EXERCISE INSTRUCTIONS — Look at every line below and count those containing "PathRow". Answer with the number only.

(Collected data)
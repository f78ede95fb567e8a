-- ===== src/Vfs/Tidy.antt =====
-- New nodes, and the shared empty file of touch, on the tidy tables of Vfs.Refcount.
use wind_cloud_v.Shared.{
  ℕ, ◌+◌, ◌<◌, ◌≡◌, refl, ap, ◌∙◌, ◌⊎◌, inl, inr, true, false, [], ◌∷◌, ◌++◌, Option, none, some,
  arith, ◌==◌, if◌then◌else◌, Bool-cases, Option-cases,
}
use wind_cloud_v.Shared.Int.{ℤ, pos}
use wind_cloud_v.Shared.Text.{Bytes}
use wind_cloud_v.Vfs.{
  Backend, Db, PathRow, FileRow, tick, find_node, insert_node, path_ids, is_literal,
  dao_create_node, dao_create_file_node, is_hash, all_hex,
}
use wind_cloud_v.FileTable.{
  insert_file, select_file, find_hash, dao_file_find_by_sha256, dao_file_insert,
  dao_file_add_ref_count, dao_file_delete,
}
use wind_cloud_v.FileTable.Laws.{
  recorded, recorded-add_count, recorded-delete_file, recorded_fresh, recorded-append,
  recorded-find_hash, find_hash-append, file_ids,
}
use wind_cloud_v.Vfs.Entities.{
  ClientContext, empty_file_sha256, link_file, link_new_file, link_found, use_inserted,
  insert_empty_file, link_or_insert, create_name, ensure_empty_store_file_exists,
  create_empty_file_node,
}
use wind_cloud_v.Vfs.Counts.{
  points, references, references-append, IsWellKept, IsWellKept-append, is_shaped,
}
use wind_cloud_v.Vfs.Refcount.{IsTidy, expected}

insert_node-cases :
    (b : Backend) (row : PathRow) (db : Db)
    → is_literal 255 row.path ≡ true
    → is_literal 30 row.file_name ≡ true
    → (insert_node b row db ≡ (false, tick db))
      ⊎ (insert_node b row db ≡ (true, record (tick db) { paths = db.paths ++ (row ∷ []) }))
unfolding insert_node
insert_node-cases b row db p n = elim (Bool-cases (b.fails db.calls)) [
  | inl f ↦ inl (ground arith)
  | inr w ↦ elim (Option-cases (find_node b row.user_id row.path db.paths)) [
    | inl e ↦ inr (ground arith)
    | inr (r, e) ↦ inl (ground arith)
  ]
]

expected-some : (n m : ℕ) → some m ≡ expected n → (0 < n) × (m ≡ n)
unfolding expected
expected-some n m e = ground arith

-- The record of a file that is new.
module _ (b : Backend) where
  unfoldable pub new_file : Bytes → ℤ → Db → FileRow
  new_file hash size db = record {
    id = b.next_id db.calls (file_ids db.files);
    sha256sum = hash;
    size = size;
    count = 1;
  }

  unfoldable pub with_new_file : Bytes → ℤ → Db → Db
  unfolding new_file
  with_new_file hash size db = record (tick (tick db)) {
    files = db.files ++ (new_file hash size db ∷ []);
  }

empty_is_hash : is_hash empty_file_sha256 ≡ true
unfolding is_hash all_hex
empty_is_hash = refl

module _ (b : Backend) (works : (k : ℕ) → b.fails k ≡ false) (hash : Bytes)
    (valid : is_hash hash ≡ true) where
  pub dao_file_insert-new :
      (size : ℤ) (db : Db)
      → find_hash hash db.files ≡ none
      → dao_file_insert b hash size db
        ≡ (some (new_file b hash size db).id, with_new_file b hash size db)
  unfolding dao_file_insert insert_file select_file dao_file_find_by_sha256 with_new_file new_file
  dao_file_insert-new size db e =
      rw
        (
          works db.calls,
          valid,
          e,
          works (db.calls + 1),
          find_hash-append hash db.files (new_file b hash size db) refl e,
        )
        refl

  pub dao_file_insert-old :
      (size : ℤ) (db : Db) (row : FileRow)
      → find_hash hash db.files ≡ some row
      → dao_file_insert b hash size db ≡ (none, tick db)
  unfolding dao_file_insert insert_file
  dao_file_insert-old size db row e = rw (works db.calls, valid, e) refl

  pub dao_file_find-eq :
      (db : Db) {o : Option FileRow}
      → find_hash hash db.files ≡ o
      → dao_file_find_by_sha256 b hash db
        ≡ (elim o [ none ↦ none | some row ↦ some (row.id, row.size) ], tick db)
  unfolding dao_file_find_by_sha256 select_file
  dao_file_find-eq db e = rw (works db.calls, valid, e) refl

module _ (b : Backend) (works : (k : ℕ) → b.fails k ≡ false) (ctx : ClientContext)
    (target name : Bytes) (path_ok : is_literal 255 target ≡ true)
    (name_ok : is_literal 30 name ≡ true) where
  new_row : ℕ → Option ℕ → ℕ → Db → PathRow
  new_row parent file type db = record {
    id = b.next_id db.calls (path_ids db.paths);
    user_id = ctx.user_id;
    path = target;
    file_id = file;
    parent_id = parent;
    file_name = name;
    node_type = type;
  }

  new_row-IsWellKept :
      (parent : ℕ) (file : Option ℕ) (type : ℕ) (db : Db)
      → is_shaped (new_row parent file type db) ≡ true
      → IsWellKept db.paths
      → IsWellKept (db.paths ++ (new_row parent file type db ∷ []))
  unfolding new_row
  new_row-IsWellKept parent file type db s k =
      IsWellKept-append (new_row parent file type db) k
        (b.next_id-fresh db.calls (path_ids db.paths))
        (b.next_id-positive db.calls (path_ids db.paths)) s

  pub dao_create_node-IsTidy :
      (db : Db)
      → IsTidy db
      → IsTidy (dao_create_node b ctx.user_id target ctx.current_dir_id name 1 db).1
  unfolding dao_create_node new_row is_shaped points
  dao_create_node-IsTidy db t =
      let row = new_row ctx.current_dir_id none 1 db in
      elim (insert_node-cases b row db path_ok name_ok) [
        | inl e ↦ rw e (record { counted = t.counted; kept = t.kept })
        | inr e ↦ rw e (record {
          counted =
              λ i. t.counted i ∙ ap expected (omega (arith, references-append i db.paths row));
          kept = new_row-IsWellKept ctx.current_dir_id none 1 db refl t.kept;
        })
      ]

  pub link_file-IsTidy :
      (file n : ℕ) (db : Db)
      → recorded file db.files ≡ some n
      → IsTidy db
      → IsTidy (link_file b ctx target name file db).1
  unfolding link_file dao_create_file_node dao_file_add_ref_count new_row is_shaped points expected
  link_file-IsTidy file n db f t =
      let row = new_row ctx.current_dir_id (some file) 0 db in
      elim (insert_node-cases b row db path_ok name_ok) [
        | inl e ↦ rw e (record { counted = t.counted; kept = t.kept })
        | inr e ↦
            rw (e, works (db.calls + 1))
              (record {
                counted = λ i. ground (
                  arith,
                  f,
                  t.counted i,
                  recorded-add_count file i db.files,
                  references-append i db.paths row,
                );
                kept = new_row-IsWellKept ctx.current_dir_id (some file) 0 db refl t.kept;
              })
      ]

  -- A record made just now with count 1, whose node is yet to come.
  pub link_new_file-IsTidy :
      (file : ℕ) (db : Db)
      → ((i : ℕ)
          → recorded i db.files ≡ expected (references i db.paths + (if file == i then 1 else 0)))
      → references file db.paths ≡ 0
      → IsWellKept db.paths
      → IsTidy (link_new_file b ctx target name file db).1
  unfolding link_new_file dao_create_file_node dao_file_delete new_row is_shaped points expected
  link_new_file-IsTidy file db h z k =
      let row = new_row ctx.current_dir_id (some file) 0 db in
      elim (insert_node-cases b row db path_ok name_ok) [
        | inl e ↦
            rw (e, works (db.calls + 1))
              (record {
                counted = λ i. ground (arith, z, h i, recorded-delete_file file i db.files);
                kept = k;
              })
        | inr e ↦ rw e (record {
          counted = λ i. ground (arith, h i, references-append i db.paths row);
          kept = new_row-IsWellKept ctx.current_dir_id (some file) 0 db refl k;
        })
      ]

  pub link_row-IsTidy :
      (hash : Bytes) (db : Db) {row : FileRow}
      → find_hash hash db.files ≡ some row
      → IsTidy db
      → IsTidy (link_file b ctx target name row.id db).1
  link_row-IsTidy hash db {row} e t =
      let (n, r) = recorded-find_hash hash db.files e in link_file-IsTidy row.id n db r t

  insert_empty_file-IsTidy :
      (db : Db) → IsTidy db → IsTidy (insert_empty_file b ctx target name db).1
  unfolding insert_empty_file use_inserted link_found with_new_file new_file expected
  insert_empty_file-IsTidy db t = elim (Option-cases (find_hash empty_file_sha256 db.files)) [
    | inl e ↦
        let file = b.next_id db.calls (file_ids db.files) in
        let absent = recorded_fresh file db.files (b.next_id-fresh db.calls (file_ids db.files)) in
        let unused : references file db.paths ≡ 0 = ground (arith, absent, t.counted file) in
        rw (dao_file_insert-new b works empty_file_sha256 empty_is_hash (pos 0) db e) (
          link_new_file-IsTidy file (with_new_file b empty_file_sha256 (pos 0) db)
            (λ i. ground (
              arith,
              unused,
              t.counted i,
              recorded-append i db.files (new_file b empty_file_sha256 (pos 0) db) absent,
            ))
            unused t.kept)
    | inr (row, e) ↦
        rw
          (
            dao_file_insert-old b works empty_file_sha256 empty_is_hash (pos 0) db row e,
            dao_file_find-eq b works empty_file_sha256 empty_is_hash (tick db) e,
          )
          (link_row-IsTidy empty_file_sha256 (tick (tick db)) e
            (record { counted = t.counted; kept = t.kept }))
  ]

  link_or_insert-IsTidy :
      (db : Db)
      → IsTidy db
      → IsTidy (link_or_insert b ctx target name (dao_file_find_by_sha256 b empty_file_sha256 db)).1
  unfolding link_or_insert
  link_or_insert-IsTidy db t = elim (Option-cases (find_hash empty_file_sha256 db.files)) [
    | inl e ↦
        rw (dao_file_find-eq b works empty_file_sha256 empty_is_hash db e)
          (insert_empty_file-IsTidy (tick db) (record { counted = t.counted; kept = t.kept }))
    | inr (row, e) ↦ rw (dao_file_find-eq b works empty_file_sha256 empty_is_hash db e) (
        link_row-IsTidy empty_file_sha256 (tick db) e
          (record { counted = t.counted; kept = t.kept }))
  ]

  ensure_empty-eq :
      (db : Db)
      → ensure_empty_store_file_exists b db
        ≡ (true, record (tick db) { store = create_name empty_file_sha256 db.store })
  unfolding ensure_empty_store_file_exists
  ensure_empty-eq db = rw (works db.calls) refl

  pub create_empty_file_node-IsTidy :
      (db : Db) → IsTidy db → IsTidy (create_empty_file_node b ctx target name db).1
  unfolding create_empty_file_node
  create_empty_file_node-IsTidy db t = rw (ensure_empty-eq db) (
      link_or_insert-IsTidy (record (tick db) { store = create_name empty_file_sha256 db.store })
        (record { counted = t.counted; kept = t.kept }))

SOLUTION BELOW — 3